#### Data shown
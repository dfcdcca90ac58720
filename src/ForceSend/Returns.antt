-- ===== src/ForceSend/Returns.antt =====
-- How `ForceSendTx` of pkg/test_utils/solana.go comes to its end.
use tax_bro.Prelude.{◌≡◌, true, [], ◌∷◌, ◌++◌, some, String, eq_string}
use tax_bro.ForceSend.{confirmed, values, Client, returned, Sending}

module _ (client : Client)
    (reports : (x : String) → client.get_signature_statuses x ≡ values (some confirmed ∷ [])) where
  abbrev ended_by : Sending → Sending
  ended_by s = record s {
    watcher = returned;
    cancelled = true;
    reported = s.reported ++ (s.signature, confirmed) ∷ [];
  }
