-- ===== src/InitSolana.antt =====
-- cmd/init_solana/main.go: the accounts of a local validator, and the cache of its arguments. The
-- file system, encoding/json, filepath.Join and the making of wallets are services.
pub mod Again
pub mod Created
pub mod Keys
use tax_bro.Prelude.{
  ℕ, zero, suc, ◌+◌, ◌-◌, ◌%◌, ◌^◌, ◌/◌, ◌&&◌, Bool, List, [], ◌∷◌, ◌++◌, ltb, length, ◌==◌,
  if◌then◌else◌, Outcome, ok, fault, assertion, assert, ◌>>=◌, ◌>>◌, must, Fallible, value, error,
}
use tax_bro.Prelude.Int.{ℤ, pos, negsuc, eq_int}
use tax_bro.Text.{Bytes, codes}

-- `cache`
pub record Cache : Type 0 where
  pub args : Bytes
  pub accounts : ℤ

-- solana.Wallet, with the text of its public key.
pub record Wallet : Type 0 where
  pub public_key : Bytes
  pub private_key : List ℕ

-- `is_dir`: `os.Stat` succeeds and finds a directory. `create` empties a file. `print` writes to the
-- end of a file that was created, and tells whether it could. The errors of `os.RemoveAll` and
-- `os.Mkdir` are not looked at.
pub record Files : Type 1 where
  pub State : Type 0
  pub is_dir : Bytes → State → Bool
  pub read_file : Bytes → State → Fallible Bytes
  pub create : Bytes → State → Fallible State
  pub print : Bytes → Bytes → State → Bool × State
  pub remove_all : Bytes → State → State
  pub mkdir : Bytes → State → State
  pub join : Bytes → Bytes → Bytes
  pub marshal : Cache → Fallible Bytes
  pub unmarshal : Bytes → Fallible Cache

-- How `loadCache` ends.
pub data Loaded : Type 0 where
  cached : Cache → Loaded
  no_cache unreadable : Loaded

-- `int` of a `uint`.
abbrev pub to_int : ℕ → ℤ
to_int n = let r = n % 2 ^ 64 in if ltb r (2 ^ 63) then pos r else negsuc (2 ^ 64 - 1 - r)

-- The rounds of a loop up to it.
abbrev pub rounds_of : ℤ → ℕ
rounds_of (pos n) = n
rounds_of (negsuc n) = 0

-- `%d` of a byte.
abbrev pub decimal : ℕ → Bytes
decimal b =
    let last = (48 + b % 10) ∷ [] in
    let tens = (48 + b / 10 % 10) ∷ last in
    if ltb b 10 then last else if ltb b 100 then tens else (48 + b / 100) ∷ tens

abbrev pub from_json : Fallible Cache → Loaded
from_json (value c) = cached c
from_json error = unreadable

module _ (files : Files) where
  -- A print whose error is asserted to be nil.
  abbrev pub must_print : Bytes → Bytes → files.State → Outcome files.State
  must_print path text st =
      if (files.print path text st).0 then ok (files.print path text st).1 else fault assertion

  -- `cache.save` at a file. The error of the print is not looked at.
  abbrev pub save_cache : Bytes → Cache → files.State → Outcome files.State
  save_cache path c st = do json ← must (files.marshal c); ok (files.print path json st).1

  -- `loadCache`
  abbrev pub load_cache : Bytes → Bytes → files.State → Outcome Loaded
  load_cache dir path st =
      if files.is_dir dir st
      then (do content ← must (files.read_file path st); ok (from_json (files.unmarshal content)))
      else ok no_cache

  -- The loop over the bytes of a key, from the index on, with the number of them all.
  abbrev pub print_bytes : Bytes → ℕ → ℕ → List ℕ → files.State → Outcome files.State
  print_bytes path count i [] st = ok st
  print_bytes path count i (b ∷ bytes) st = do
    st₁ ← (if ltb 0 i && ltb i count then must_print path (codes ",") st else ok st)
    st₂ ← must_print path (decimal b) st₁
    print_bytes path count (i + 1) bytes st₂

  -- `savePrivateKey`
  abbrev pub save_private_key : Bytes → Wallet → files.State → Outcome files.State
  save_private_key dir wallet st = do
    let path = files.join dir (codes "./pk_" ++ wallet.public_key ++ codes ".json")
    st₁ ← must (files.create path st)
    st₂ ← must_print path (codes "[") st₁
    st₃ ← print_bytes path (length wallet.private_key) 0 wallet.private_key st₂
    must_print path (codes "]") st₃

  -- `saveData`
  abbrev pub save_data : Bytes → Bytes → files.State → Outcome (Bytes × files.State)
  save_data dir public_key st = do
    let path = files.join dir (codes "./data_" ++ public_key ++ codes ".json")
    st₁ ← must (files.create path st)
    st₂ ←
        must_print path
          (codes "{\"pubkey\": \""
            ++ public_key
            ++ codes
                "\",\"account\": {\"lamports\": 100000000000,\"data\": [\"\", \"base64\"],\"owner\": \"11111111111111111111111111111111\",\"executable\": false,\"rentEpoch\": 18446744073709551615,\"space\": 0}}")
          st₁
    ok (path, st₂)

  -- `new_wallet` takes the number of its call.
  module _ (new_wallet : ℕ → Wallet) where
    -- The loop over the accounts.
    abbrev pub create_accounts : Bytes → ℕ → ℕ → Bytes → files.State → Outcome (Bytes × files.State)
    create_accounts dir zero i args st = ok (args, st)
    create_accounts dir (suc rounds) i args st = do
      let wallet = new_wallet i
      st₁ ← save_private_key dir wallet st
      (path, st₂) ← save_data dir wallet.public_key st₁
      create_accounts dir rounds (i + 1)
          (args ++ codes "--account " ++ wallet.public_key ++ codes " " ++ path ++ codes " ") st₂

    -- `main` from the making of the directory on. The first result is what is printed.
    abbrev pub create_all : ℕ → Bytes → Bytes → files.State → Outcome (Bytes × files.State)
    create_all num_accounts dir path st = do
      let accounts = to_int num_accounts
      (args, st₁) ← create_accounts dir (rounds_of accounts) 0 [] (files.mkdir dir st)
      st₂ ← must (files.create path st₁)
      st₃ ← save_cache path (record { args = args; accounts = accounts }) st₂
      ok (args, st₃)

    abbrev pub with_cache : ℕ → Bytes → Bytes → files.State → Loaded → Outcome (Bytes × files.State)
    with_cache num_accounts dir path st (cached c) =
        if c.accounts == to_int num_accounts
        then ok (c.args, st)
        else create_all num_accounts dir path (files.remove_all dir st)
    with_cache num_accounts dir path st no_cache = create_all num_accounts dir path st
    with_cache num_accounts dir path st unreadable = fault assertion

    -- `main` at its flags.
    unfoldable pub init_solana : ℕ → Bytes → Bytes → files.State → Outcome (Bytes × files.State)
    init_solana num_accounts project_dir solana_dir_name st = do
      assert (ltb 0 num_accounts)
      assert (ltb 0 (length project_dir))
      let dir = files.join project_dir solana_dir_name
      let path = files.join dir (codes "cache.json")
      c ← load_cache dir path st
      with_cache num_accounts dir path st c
########
#### Data shown
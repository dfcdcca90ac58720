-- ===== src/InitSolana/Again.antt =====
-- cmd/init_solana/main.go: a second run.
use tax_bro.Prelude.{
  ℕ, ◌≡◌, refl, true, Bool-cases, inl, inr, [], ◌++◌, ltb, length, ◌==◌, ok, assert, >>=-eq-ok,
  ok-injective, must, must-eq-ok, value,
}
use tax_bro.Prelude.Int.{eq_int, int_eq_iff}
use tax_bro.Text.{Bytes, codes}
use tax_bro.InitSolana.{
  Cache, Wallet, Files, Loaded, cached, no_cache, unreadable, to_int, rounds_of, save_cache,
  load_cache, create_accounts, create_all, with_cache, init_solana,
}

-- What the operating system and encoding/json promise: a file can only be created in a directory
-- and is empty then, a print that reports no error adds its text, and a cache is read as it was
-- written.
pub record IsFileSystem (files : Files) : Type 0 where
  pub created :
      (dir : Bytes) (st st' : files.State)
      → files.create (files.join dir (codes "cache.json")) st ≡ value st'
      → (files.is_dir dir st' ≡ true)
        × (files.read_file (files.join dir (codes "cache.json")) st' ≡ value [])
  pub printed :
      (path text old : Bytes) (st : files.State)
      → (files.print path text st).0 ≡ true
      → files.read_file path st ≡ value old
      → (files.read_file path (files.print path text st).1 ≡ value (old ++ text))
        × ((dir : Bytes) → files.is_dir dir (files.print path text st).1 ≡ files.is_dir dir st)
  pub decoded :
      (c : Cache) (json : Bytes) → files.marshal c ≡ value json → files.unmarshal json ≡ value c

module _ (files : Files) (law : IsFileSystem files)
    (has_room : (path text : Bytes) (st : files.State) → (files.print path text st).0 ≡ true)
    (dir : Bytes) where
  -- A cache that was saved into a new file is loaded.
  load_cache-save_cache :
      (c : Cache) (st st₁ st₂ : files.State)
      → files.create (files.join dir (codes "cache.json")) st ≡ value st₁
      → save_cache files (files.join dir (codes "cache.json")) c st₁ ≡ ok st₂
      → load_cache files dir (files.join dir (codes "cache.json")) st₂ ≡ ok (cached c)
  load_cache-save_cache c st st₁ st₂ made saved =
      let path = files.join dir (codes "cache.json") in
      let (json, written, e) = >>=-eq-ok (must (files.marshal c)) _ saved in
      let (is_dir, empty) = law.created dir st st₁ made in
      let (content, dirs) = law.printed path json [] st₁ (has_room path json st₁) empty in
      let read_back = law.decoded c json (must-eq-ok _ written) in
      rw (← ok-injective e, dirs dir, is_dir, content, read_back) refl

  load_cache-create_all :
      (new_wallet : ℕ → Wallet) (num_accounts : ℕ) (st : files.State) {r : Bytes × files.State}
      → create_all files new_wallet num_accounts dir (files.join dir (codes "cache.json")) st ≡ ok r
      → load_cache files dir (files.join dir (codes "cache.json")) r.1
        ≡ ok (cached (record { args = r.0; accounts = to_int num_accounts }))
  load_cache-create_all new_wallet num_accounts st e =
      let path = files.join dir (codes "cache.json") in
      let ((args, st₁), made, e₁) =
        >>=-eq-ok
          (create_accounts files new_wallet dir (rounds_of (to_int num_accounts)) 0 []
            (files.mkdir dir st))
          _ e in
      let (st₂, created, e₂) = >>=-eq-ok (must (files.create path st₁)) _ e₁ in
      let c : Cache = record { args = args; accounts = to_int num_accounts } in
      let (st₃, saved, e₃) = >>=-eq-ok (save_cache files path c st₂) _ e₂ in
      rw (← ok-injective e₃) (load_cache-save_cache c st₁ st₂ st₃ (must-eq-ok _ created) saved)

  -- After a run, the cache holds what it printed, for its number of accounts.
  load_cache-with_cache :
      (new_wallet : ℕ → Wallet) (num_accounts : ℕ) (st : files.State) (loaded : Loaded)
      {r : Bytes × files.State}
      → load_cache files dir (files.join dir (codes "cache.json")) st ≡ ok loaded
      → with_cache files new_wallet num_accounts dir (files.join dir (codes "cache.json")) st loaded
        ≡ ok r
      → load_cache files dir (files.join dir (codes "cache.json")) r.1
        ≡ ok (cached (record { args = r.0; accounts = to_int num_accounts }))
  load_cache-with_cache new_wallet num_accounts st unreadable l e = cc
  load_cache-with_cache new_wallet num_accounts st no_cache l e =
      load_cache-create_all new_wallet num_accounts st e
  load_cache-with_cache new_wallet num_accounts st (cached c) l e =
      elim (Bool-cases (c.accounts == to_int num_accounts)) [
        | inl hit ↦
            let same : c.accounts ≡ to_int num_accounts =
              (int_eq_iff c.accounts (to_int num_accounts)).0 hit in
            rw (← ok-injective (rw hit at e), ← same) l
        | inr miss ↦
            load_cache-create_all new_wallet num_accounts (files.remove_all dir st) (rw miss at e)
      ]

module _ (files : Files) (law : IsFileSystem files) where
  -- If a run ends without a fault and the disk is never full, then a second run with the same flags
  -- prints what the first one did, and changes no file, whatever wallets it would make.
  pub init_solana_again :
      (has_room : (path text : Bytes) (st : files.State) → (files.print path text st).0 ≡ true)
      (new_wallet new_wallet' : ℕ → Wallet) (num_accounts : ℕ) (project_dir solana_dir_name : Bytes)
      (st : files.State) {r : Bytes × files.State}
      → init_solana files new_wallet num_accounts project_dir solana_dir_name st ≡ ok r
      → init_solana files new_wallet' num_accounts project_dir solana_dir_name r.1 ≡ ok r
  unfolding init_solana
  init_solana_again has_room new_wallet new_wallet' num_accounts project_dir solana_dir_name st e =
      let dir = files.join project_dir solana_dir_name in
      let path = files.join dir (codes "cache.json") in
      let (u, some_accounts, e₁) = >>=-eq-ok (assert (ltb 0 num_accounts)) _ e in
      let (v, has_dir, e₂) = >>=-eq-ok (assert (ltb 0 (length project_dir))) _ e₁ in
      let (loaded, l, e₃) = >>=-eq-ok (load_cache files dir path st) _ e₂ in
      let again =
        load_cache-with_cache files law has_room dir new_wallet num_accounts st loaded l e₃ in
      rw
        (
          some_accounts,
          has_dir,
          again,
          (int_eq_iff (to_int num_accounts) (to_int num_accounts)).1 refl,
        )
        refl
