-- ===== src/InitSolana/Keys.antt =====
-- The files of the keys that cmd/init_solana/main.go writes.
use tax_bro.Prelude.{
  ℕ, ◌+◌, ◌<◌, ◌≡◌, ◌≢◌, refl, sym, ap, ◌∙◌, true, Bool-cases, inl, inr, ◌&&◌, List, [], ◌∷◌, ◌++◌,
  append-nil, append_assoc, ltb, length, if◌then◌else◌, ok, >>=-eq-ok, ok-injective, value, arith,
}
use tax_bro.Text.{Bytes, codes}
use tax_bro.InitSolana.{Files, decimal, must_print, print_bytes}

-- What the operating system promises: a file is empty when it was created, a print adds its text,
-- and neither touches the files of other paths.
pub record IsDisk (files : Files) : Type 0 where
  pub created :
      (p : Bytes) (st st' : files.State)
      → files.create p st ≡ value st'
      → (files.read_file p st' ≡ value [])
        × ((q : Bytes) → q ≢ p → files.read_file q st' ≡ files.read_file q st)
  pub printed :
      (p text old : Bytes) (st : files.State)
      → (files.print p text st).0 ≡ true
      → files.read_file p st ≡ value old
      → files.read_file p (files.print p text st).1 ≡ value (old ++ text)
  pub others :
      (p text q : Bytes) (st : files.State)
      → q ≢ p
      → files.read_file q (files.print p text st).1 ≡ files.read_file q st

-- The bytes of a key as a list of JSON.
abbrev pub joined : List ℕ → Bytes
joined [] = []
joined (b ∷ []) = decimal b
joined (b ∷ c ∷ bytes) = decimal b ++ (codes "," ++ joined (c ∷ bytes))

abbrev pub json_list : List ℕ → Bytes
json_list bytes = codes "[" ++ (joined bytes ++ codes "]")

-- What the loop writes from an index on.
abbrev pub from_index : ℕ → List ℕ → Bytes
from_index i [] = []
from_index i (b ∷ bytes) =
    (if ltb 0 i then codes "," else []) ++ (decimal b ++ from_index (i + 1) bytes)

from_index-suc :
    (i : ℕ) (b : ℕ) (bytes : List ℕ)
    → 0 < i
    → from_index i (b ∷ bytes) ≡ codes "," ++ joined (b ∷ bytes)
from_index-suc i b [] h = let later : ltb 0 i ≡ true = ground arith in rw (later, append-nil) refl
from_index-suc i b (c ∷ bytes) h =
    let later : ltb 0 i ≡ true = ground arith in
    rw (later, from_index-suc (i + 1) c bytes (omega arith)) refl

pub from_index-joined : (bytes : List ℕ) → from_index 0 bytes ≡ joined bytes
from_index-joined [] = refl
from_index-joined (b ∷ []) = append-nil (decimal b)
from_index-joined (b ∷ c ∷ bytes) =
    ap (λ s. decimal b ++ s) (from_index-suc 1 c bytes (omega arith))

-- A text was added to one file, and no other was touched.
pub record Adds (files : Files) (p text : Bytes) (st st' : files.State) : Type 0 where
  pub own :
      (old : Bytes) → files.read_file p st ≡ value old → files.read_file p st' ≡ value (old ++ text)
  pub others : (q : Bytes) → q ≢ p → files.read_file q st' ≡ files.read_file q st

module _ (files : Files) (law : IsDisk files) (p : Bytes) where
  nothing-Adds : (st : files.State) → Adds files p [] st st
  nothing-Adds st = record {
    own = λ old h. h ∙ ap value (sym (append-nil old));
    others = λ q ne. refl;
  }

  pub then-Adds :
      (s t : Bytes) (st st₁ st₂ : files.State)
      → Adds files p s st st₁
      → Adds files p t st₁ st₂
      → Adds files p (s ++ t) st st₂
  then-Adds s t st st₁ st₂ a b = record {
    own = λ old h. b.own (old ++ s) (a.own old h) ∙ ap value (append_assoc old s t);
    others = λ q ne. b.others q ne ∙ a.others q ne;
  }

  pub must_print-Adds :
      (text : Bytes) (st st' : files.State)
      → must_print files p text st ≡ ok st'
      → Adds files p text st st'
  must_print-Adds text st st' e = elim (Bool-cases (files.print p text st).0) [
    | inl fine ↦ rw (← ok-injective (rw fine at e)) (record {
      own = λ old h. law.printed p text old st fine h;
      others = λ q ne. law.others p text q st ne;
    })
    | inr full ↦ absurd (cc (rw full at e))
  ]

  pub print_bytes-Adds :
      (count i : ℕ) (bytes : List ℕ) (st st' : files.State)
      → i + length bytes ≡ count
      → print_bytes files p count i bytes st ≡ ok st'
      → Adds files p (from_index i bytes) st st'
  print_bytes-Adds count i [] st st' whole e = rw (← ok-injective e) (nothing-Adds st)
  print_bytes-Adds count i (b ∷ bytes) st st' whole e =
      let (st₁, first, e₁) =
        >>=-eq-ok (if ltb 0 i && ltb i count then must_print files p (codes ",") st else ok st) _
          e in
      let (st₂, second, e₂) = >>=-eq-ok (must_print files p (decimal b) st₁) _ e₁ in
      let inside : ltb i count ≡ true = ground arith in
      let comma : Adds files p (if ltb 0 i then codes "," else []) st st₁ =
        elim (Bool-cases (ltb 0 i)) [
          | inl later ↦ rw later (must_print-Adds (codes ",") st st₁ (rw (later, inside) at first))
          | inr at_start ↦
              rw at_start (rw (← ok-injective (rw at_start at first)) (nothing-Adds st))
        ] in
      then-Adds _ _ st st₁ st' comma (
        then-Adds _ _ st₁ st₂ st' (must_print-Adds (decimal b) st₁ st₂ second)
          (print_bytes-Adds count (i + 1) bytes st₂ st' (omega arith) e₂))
########
- _Task item_: In the listing above, find each line with "arith" and copy it.

- _Response to the exercise_:
  append-nil, append_assoc, ltb, length, if◌then◌else◌, ok, >>=-eq-ok, ok-injective, value, arith,
from_index-suc i b [] h = let later : ltb 0 i ≡ true = ground arith in rw (later, append-nil) refl
    let later : ltb 0 i ≡ true = ground arith in
    rw (later, from_index-suc (i + 1) c bytes (omega arith)) refl
    ap (λ s. decimal b ++ s) (from_index-suc 1 c bytes (omega arith))
      let inside : ltb i count ≡ true = ground arith in
          (print_bytes-Adds count (i + 1) bytes st₂ st' (omega arith) e₂))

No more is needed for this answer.